The panel created to prevent a repeat of the 2008 financial crisis said Tuesday that banks and other financial institutions are stronger now but regulators must remain alert to new risks including the danger posed from cyberattack.
In its annual report to Congress, the Financial Stability Oversight Council said recent cyberattacks have heightened concerns about the potential of even more destructive attacks that could significantly disrupt the workings of the financial system.
It said that greater attention must be paid to developing ways to combat computer hackers, and it urged greater collaboration among financial institutions and government agencies to share data that could help thwart a growing threat.
“Over the past year, financial sector organizations and other U.S. businesses experienced numerous cyber incidents, including large-scale data breaches that compromised financial information,” the panel said in its report.
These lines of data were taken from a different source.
-- ===== src/Budget/Tests.antt =====
-- Runs of the budget on small inputs.
use gwead.Prelude.{List, ◌≡◌, refl, true, false, [], ◌∷◌, arith}
use gwead.Budget.{RuntimeLimits, ResourceBudget, new, memory_growing, table_growing}
use gwead.Budget.Grows.{
  Sizes, IsCharged, Request, grow, memory, table, empty_store, run, decided, run-IsCharged,
  memory_growing_exact,
}

abbrev small : RuntimeLimits
small = record {
  max_memory_bytes = 300;
  max_table_elements = 64;
  max_instances = 10;
  max_tables = 10;
  max_memories = 10;
}

-- One memory that fills the cap leaves no room for another.
many_share : (memory_growing (memory_growing (new small) 0 300).0 0 1).1 ≡ false
unfolding memory_growing new
many_share = refl

-- The first memory does not grow past its own maximum, and the bytes stay charged.
abbrev requests : List Request
requests =
    memory 0 100 true
    ∷ memory 0 150 false
    ∷ memory 1 50 true
    ∷ memory 1 1 true
    ∷ table 0 64 true
    ∷ []

run_final : (run (empty_store small) requests).sizes.memories ≡ 100 ∷ 50 ∷ []
unfolding run grow memory_growing table_growing new
run_final = refl

run_lost_bytes : (run (empty_store small) requests).memory_lost ≡ 150
unfolding run grow memory_growing table_growing new
run_lost_bytes = refl

run-IsCharged_example : IsCharged small (run (empty_store small) requests)
run-IsCharged_example = run-IsCharged small requests

abbrev grown : List Request
grown = memory 0 200 true ∷ memory 1 100 true ∷ memory 1 1 true ∷ table 0 64 true ∷ []

abbrev half_full : ResourceBudget × Sizes
half_full = (
  record {
    max_memory_bytes = 300;
    max_table_elements = 64;
    max_instances = 10;
    max_tables = 10;
    max_memories = 10;
    committed_memory_bytes = 200;
    committed_table_elements = 0;
    memory_denied = false;
  },
  record { memories = 200 ∷ []; tables = [] },
)

memory_growing_exact_example : memory_growing half_full.0 0 101 ≡ decided half_full.0 301
memory_growing_exact_example =
    memory_growing_exact small half_full.0 half_full.1 1 101 (omega arith) (omega arith)
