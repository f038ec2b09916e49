-- ===== src/Text.antt =====
-- The parts of Rust's `str` that the kernel uses. A `str` is the list of its characters, as Unicode
-- scalar values; `len` is its length in bytes of UTF-8.
pub mod Affix
pub mod Ends
pub mod Split
pub mod Utf8
use Prim.Native.Char.{code}
use Prim.Native.String.{String}
use gwead.Prelude.{
  ℕ, ◌+◌, Bool, true, false, ◌&&◌, ◌||◌, Option, none, some, List, [], ◌∷◌, ltb, leb, ◌==◌,
  if◌then◌else◌,
}

abbrev pub Str : Type 0
Str = List ℕ

-- str::chars, of a literal
abbrev pub chars : String → Str
chars String.[] = []
chars (String.◌∷◌ c s) = code c ∷ chars s

-- char::len_utf8
unfoldable pub len_utf8 : ℕ → ℕ
len_utf8 c = if ltb c 0x80 then 1 else if ltb c 0x800 then 2 else if ltb c 0x10000 then 3 else 4

-- str::len
unfoldable pub len : Str → ℕ
unfolding len_utf8
len [] = 0
len (c ∷ cs) = len_utf8 c + len cs

-- str::is_empty
abbrev pub is_empty : Str → Bool
is_empty [] = true
is_empty (c ∷ cs) = false

-- `==` on strings
unfoldable pub str_eq : Str → Str → Bool
str_eq [] [] = true
str_eq (a ∷ s) (b ∷ t) = (a == b) && str_eq s t
str_eq _ _ = false

-- str::contains, of a character
unfoldable pub contains : ℕ → Str → Bool
contains sep [] = false
contains sep (c ∷ cs) = (c == sep) || contains sep cs

abbrev before_first : ℕ → Option (Str × Str) → Option (Str × Str)
before_first c none = none
before_first c (some (a, b)) = some (c ∷ a, b)

-- str::split_once, at the first separator
unfoldable pub split_once : ℕ → Str → Option (Str × Str)
split_once sep [] = none
split_once sep (c ∷ cs) = if c == sep then some ([], cs) else before_first c (split_once sep cs)

abbrev pub at_last : ℕ → ℕ → Str → Option (Str × Str) → Option (Str × Str)
at_last sep c cs (some (a, b)) = some (c ∷ a, b)
at_last sep c cs none = if c == sep then some ([], cs) else none

-- str::rsplit_once, at the last separator
unfoldable pub rsplit_once : ℕ → Str → Option (Str × Str)
rsplit_once sep [] = none
rsplit_once sep (c ∷ cs) = at_last sep c cs (rsplit_once sep cs)

abbrev pub extend : ℕ → List Str → List Str
extend c [] = (c ∷ []) ∷ []
extend c (s ∷ ss) = (c ∷ s) ∷ ss

-- str::split, collected
unfoldable pub split : ℕ → Str → List Str
split sep [] = [] ∷ []
split sep (c ∷ cs) = let rest = split sep cs in if c == sep then [] ∷ rest else extend c rest

-- char::is_ascii_alphabetic, is_ascii_digit and is_ascii_alphanumeric
unfoldable pub is_ascii_alphabetic : ℕ → Bool
is_ascii_alphabetic c = leb b'a' c && leb c b'z' || leb b'A' c && leb c b'Z'

unfoldable pub is_ascii_digit : ℕ → Bool
is_ascii_digit c = leb b'0' c && leb c b'9'

unfoldable pub is_ascii_alphanumeric : ℕ → Bool
unfolding is_ascii_alphabetic is_ascii_digit
is_ascii_alphanumeric c = is_ascii_alphabetic c || is_ascii_digit c
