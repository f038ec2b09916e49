-- ===== src/Json.antt =====
-- serde_json's `Value` over a type `N` of numbers. An object lists its members in the order in which
-- the map iterates over them; keys and strings are lists of bytes.
pub mod Size
use gwead.Prelude.{
  ◌≡◌, refl, ap, Bool, true, false, Option, none, some, List, [], ◌∷◌, if◌then◌else◌,
}
use gwead.Text.{Str, str_eq}

mutual
  pub data Value (N : Type 0) : Type 0 where
    null : Value N
    bool : Bool → Value N
    number : N → Value N
    string : Str → Value N
    array : Items N → Value N
    object : Fields N → Value N

  pub data Items (N : Type 0) : Type 0 where
    nil : Items N
    cons : Value N → Items N → Items N

  pub data Fields (N : Type 0) : Type 0 where
    end : Fields N
    field : Str → Value N → Fields N → Fields N

module _ {N : Type 0} where
  abbrev pub elements : Items N → List (Value N)
  elements nil = []
  elements (cons v vs) = v ∷ elements vs

  abbrev pub items : List (Value N) → Items N
  items [] = nil
  items (v ∷ vs) = cons v (items vs)

  pub elements-items : (vs : List (Value N)) → elements (items vs) ≡ vs
  elements-items [] = refl
  elements-items (v ∷ vs) = ap (λ x. v ∷ x) (elements-items vs)

  -- Map::get
  unfoldable pub member : Str → Fields N → Option (Value N)
  member k end = none
  member k (field j v fs) = if str_eq j k then some v else member k fs

  -- Value::get, of a string
  abbrev pub get : Str → Value N → Option (Value N)
  get k (object fs) = member k fs
  get k _ = none

  -- Value::as_array, Value::as_str and Value::is_null
  abbrev pub as_array : Value N → Option (Items N)
  as_array (array vs) = some vs
  as_array _ = none

  abbrev pub as_str : Value N → Option Str
  as_str (string s) = some s
  as_str _ = none

  abbrev pub is_null : Value N → Bool
  is_null null = true
  is_null _ = false
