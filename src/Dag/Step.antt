-- ===== src/Dag/Step.antt =====
-- The fields of `StepDef` (src/kernel/types.rs) that the graph is built from.
use gwead.Prelude.{List}
use gwead.Text.{Str}
use gwead.Json.{Value}

pub record StepDef (N : Type 0) : Type 0 where
  pub id : Str
  pub step_type : Str
  pub params : Value N
  pub depends_on : List Str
The council was created by the 2010 Dodd-Frank Act, which Congress passed in the wake of the worst financial crisis in seven decades. It is chaired by Treasury Secretary Jacob Lew and includes representatives from other government financial-regulatory agencies, including the Federal Reserve, the Securities and Exchange Commission and the Federal Deposit Insurance Corp.
Lew was critical of legislation being pushed by Senate Banking Committee Chairman Richard Shelby, R-Alabama, which Lew said would put the country at greater risk of another crisis.
“Senator Shelby’s bill … contains changes to our financial regulatory framework that would roll back the clock and leave us with weakened oversight, fewer consumer protections and less effective tools to address risks in the system,” Lew said. “It would also needlessly tie this council in knots with delays and hurdles that would significantly impair our ability to identify and mitigate threats to financial stability, while leaving potential risk unchecked.”
Shelby’s bill would raise, from $50 billion to $500 billion, the asset threshold for banks that are subject to greater regulatory oversight due to the fear that their failure would present the greatest risks to the financial system. The measure also gives regulators greater oversight powers over the Federal Reserve.
Federal Reserve Chair Janet Yellen, who did not address the pending legislation in her remarks, said that the largest and most complex banking firms have made “great strides” in building up their capital cushions. But she said more work is needed to understand new threats posed by rapidly changing markets.
“While we have made considerable progress in recent years in reforming the financial system, our job is not done,” Yellen said. “We must continually look ahead to new risks to build and maintain the resilient financial system that can support economic growth.”